Unless these large retailers in India plan for scale, it will be impossible for them to sustain. They have to have planned growth that has a significant multiplier effect to the number of stores. Shoppers Stop has managed 53 stores in 20 years, and in ten years Big Bazaar has managed 214 stores. That they still have such a small footprint does not seem right. Walmart has 3000 stores in the US. Even Toys "R" Us has around 875 stores in the US. Tesco has 471 super stores in UK which is 80% of the size of Maharashtra. In all formats combined Tesco has almost 3000 stores in the UK. France, which is just around twice the size of Maharashtra has 1200 super and hyper markets of Carrefour. Across formats the number of stores is more than 5500. An Asian country like Taiwan, which is around 12% of the size of Maharashtra has 70 Carrefour stores.

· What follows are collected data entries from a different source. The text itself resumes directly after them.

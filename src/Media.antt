-- ===== src/Media.antt =====
-- The code of media/.
pub mod Dispatcher
pub mod Info
pub mod Muxing
pub mod Sources
mod Examples
mod SourcesExamples
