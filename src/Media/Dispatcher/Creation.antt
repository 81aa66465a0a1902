-- ===== src/Media/Dispatcher/Creation.antt =====
-- media/packet_dispatcher.h: how a `client_reader` is made and given its callbacks, and the end of a
-- dispatcher.
use streaming.Prelude.{ℕ, Bool, true, false, Option, none, some, List, [], ◌∷◌, ◌++◌, if◌then◌else◌}
use streaming.Prelude.Outcome.{Result, ok, err, invalid_session, empty_read_cb, empty_detach_cb}
use streaming.Network.Sessions.{Session}
use streaming.Media.Dispatcher.{Dispatcher, Reader, detach_all_readers}

-- A reader with its name.
pub record NamedReader (T : Type 0) : Type 0 where
  pub reader : Reader T
  pub id : List ℕ

-- "Client[", "-" and "]"
abbrev pub client_prefix : List ℕ
client_prefix = 67 ∷ 108 ∷ 105 ∷ 101 ∷ 110 ∷ 116 ∷ 91 ∷ []

abbrev pub token_separator : List ℕ
token_separator = 45 ∷ []

abbrev pub client_suffix : List ℕ
client_suffix = 93 ∷ []

unfoldable pub client_id : List ℕ → List ℕ → List ℕ
client_id session_id token =
    client_prefix ++ (session_id ++ (token_separator ++ (token ++ client_suffix)))

module _ {T : Type 0} where
  -- `none` is a weak pointer to a session that is gone.
  unfoldable pub client_reader : Option Session → List ℕ → Result (NamedReader T)
  unfolding client_id
  client_reader none token = err invalid_session
  client_reader (some s) token = ok (record {
    reader = record {
      is_registered = false;
      has_read_cb = false;
      has_detach_cb = false;
      received = [];
      detached = [];
    };
    id = client_id s.id token;
  })

  -- The argument says whether the callback is one that can be called.
  unfoldable pub set_read_cb : Bool → Reader T → Result (Reader T)
  set_read_cb cb r = if cb then ok (record r { has_read_cb = true }) else err empty_read_cb

  unfoldable pub set_detach : Bool → Reader T → Result (Reader T)
  set_detach cb r = if cb then ok (record r { has_detach_cb = true }) else err empty_detach_cb

  -- `~packet_dispatcher`
  unfoldable pub destroy_dispatcher : Dispatcher T → Dispatcher T
  unfolding detach_all_readers
  destroy_dispatcher d = detach_all_readers false d
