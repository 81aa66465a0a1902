-- ===== src/Media/Examples.antt =====
-- Runs of the code of media/, at one input for each theorem.
use streaming.Prelude.{ℕ, ◌≡◌, refl, true, false, some, [], ◌∷◌, ◌++◌}
use streaming.Prelude.Outcome.{ok}
use streaming.Media.Info.{Info, parse_stream, is_alpha}
use streaming.Media.Info.RoundTrip.{vhost_part, parse_stream_lem}
use streaming.Media.Dispatcher.{
  Dispatcher, create, regist_reader, deregist_reader, distribute, on_read, replay, visit, cache,
  insert, merge, set_registered,
}
use streaming.Media.Dispatcher.Sets.{mem}
use streaming.Media.Dispatcher.Laws.{
  IsValid, create-IsValid, regist_reader-IsValid, distribute-IsValid,
}
use streaming.Media.Dispatcher.Runs.{broadcast, broadcast-regist_reader, deregist_reader-keeps}

-- Packets are numbers. Reader 7 has joined and had its first packet, 20.
abbrev start : Dispatcher ℕ
start = create 100 (λ i. record {
  is_registered = false;
  has_read_cb = true;
  has_detach_cb = true;
  received = [];
  detached = [];
})

abbrev joined : Dispatcher ℕ
joined = regist_reader (some 7) start

joined-IsValid : IsValid joined
joined-IsValid = regist_reader-IsValid 7 start (create-IsValid 100 _)

abbrev running : Dispatcher ℕ
running = distribute 20 true joined

running-IsValid : IsValid running
running-IsValid = distribute-IsValid 20 true joined joined-IsValid

running-old : mem 7 running.old_clients ≡ true
unfolding distribute regist_reader create merge insert
running-old = refl

running-new : mem 7 running.new_clients ≡ false
unfolding distribute
running-new = refl

running-other : mem 9 running.old_clients ≡ false
unfolding distribute regist_reader create merge insert
running-other = refl

running-has_read_cb : (running.readers 7).has_read_cb ≡ true
unfolding distribute replay visit on_read regist_reader set_registered create insert cache
running-has_read_cb = refl

deregist_reader-keeps_example :
    ((broadcast ((21, false) ∷ []) (deregist_reader (some 7) running)).readers 7).received
    ≡ (running.readers 7).received ++ (21 ∷ [])
deregist_reader-keeps_example =
    deregist_reader-keeps ((21, false) ∷ []) running 7 running-IsValid running-old running-new
      running-has_read_cb

other-has_read_cb : (running.readers 9).has_read_cb ≡ true
unfolding distribute replay visit on_read regist_reader set_registered create insert cache
other-has_read_cb = refl

broadcast-regist_reader_example :
    ((broadcast ((21, false) ∷ (22, false) ∷ []) (regist_reader (some 9) running)).readers
      9).received
    ≡ (running.readers 9).received
      ++ (cache running.max_size 21 false running.packet_list ++ (22 ∷ []))
broadcast-regist_reader_example =
    broadcast-regist_reader 21 false ((22, false) ∷ []) running 9 running-IsValid running-other
      other-has_read_cb

-- The name "cam", the host "h" and the token "x&".
abbrev blank : Info
blank = record { schema = []; app = []; vhost = []; stream_id = []; token = []; tc_url = [] }

letter : is_alpha 99 ≡ true
unfolding is_alpha
letter = refl

parse_stream_lem_example :
    parse_stream ((99 ∷ 97 ∷ 109 ∷ []) ++ vhost_part (104 ∷ []) (120 ∷ 38 ∷ [])) blank
    ≡ ok (record blank { stream_id = 99 ∷ 97 ∷ 109 ∷ []; vhost = 104 ∷ []; token = 120 ∷ 38 ∷ [] })
parse_stream_lem_example =
    parse_stream_lem 99 (97 ∷ 109 ∷ []) (104 ∷ []) (120 ∷ 38 ∷ []) blank letter
      (refl, (refl, (refl, tt))) (refl, tt)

It is clear here that scale is an essential component for survival in organised retail. And, this scale is more about the stores in the same retail format than across formats Given this common knowledge the behaviour of Indian retailers is surprising. McDonald's India has managed to create around 250 restaurants in 15 years and now they plan to double the number in West and South India in the next two years.The message here is that it is okay to have a lower number of outlets now, but without a significant increase in capacity the survival of the organised retail market in India is questionable. 

Saturday, April 23, 2011

Is it really the Kirana?

Foreign FDI has been blocked in multi brand retail on the pretext of protecting the small kirana (mom and pop) stores. Sometimes I wonder if this is the real reason. I strongly believe that the restriction is actually to help the large Indian organised retailers. They are the ones to be first affected by the direct entry of Wal-Marts and Tescos of the world in retailing.

The typical design of the large foreign retailers is that they have a very strong but investment intensive back end. In order to get good returns from their investments, the stores have to be necessarily large formats. In addition, in one given market there have to be a high number of stores.

The high lease rates in urban areas of India make it impossible for retailers to have many large stores inside the city. The Wal-Mart model of having the store outside the city would be difficult given the traffic and road infrastructure bottlenecks. In rural areas the scale of operations is generally very low. Indians typically do not have a spend oriented culture like the Americans. So, it would be difficult for a retailer to set up and sustain a large store in a Tier 3 city.

The kirana stores in India have created a very low cost selling model. A pan shop could sustain itself at a monthly profit of around Rs. 5000 only. This number could be much lower in rural areas. This was not the case in the USA. These players can never be threatened by the foreign retailers. The existing so called organised retailers in India would probably have the most to lose.

Indian organised retailers are still in an experimentation mode. They hastily set up the front end and are now trying to make the back end work. Most have poor systems. Some companies have closed down and most of the rest are not making money. They have tried to copy the IT systems in foreign retail as this can be easily bought. But, the human systems and discipline needed are sadly missing.

By getting the government of India to form rules banning the foreign retailers, the organised players seem to be creating space for themselves. Foreign companies wanting to enter India would be forced to tie with the existing Indian players. It clearly seems that the rule has been created in the first place to benefit these large Indian retail players.

Now suddenly there is a talk about relaxing the rule. Nothing has changed for the small kirana owner. But all the large format foreign retailers have already been subdued to partnerships with large Indian firms – this includes Wal-Mart, Tesco, Woolworths, etc. Having done this, and needing more investments, it seems that the large Indian players are now getting the government to allow more direct investment in multi brand retail.